I came across a citation to the Southern Literary Messenger from 1858. The piece was written by “Mozis Addums,” penname of George William Bagby, one of the humorists of the mid-nineteenth century who thought spelling everything phonetically was funny. Mozis described the crowded conditions in the boarding house where he was living: “Packin uv pork in a meet house, which you should be keerful it don’t git hot at the bone, and prizin uv tobakker, which y’all’s Winstun nose how to do it, givs you a parshil idee, but only parshil.”

There’s a lot more (in his words, “More than y’all wanted to know about ‘y’all'”), so y’all head on over and enjoy!

Comments

  1. In Google Books you can find “The Graysons: A Story of Abraham Lincoln”, by Edward Eggleston, published 1887, the action of which is described as taking place “a lifetime ago”. It is a fictionalized account of Lincoln’s defense of “Duff” Armstrong in a murder trial which took place in 1858. On page 198, one Jake, who is from “North Kerliny”, states, “Jes y’all look at the case.” Though this doesn’t antedate Bagby, it would seem to indicate Eggleston perceived “y’all” to represent old Southern usage from much earlier in the century. Eggleston was born in Indiana in 1837.

  2. See the y’all page on Barry Popik’s site. He cites some later uses by Bagby and also gives examples from 1857, in Alfred W. Arrington’s novel The Rangers and Regulators of the Tanaha, or Life Among the Lawless: A Tale of the Republic of Texas.

  3. (Further down on the same page, Arrington’s novel is dated to 1856 by Wright American Fiction.)

  4. I thought that the title of this post was syntactically parallel to “Y’all scared” and was trying to figure out whether that meant I was preceding or being preceded.

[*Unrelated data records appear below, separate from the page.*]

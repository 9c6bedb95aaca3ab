-- ===== src/Streaming/Threads.antt =====
-- streaming_worker.py: what a thread of the pool is about to do with a pulled job, and its next step.
-- A step is a locked part of a handler, or one access to the shared objects outside of the lock: after the
-- lock, `_on_rollout_failed` writes the fields of the payload's state one by one.
use alpagym.Base.{
  ℕ, ◌+◌, String, Bool, true, false, Option, none, some, List, [], ◌∷◌, if◌then◌else◌, take,
}
use alpagym.Base.Int.{pos}
use alpagym.Streaming.State.{
  SharedPayloadState, RolloutJob, Settings, Worker, enqueue, write, set_result, pop,
}
use alpagym.Streaming.Handlers.{proven, collect, fail_locked, fallback_scene, fallback_job}

-- With a job from the queue; in `_run_rollout`; in `_on_rollout_succeeded` before the lock, and before `set_result`; in
-- `_on_rollout_failed` after the lock: before the read of the last good scene, before the seed from the pool,
-- before each of the three writes, before the `put`, and before `set_result([])`.
pub data Thread (E : Type 0) : Type 0 where
  pulled running : RolloutJob → Thread E
  landed : RolloutJob → E → Thread E
  delivering : ℕ → List E → Thread E
  dropping seeding : RolloutJob → Thread E
  reviving reopening refilling requeueing : RolloutJob → String → Thread E
  giving_up : ℕ → Thread E

module _ {E : Type 0} where
  -- The state that the thread works on.
  unfoldable pub shared_of : Thread E → ℕ
  shared_of (pulled job) = job.shared
  shared_of (running job) = job.shared
  shared_of (landed job e) = job.shared
  shared_of (delivering ref r) = ref
  shared_of (dropping job) = job.shared
  shared_of (seeding job) = job.shared
  shared_of (reviving job scene) = job.shared
  shared_of (reopening job scene) = job.shared
  shared_of (refilling job scene) = job.shared
  shared_of (requeueing job scene) = job.shared
  shared_of (giving_up ref) = ref

  -- `fallback_scene is not None and not is_fallback`
  unfoldable pub choose : RolloutJob → Option String → Thread E
  choose job none = giving_up job.shared
  choose job (some scene) = if job.is_fallback then giving_up job.shared else reviving job scene

module _ {P E : Type 0} (cfg : Settings P) where
  -- `if rollout_job.shared_payload_state.permanently_failed: continue`
  unfoldable pub pulled_with : RolloutJob → Bool → Worker P E → List (Thread E) × Worker P E
  pulled_with job true w = ([], w)
  pulled_with job false w = (running job ∷ [], w)

  -- The locked part of `_on_rollout_succeeded`.
  unfoldable pub landed_with :
      ℕ → SharedPayloadState P E × Bool → Worker P E → List (Thread E) × Worker P E
  landed_with ref (s, false) w = ([], write ref s w)
  landed_with ref (s, true) w = (
    delivering ref (take s.n_target s.collected) ∷ [],
    record (write ref s w) { active = pop (cfg.prompt_idx s.payload) w.active },
  )

  unfoldable pub dropping_with :
      RolloutJob → Option String → Worker P E → List (Thread E) × Worker P E
  dropping_with job none w = (seeding job ∷ [], w)
  dropping_with job (some scene) w = (choose job (some scene) ∷ [], w)

  unfoldable pub seeding_with :
      RolloutJob → Option String → Worker P E → List (Thread E) × Worker P E
  seeding_with job none w = (choose job none ∷ [], w)
  seeding_with job (some scene) w =
      (choose job (some scene) ∷ [], record w { last_good_scene_id = some scene })

  -- The next step of a thread that is not in `_run_rollout`, on the state it works on: the thread at its new
  -- place, if its handler goes on, and the worker.
  unfoldable pub advance_on :
      Thread E → SharedPayloadState P E → Worker P E → List (Thread E) × Worker P E
  advance_on (pulled job) s w = pulled_with job s.permanently_failed w
  advance_on (running job) s w = (running job ∷ [], w)
  advance_on (landed job e) s w = landed_with job.shared (collect cfg s e) w
  advance_on (delivering ref r) s w = ([], set_result ref r w)
  advance_on (dropping job) s w = dropping_with job w.last_good_scene_id w
  advance_on (seeding job) s w = seeding_with job (fallback_scene cfg.scene_pool none) w
  advance_on (reviving job scene) s w =
      (reopening job scene ∷ [], write job.shared (record s { permanently_failed = false }) w)
  advance_on (reopening job scene) s w =
      (refilling job scene ∷ [], write job.shared (record s { future_resolved = false }) w)
  advance_on (refilling job scene) s w = (
    requeueing job scene ∷ [],
    write job.shared (record s { retries_left = pos cfg.max_scene_retries }) w,
  )
  advance_on (requeueing job scene) s w = (
    [],
    enqueue 0 (some (fallback_job job w.next_uuid scene))
        (record w { next_uuid = w.next_uuid + 1 }),
  )
  advance_on (giving_up ref) s w = ([], set_result ref [] w)

  -- What `_run_rollout` ends in: the write before the lock of `_on_rollout_succeeded`, or the locked part of
  -- `_on_rollout_failed`.
  unfoldable pub succeed_on : RolloutJob → E → Worker P E → List (Thread E) × Worker P E
  succeed_on job e w =
      (landed job e ∷ [], record w { last_good_scene_id = proven job w.last_good_scene_id })

  unfoldable pub failed_with : RolloutJob → Worker P E × Bool → List (Thread E) × Worker P E
  failed_with job (w, false) = ([], w)
  failed_with job (w, true) = (dropping job ∷ [], w)

  unfoldable pub fail_on :
      RolloutJob → SharedPayloadState P E → Worker P E → List (Thread E) × Worker P E
  fail_on job s w = failed_with job (fail_locked cfg job s w)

  5. See Parker’s follow-up post.

  6. Google Books also lists Rangers and Regulators of the Tanaha as being published in 1856, but at this point has no scan of it available.
    Parker has a new post on his blog, entitled “Beat at my own game,” acknowledging that Arrington 1856/57 trumps Bagby 1858.

  7. Krishna Kumar says

    You might be a bit surprised to know that “y’all” is very commonly used in Mumbai (Bombay). Having learnt my English in small town India, I used to find it very odd to hear “y’all” used so often in Mumbai. A friend of mine and I used to comment on this weird similarity between Texas and Mumbai. The phrase has been in use in Mumbai (and to a lesser extent in Delhi) for at least the last thirty years or so, and hence is not an offshoot of excessive television viewing. It’s even said with a certain pride in the voice, as if it bore the stamp of a true Mumbaikar ….

  8. That’s extremely interesting — thanks!

  9. I know there are a few southerners here and there who claim that y’all can be singular, but, like you, I’ve never heard anyone who natively uses the word use it as a singular. To my ears, using it as a singular is an obvious marker for someone who doesn’t use the word natively and has no ear for how it’s actually used natively.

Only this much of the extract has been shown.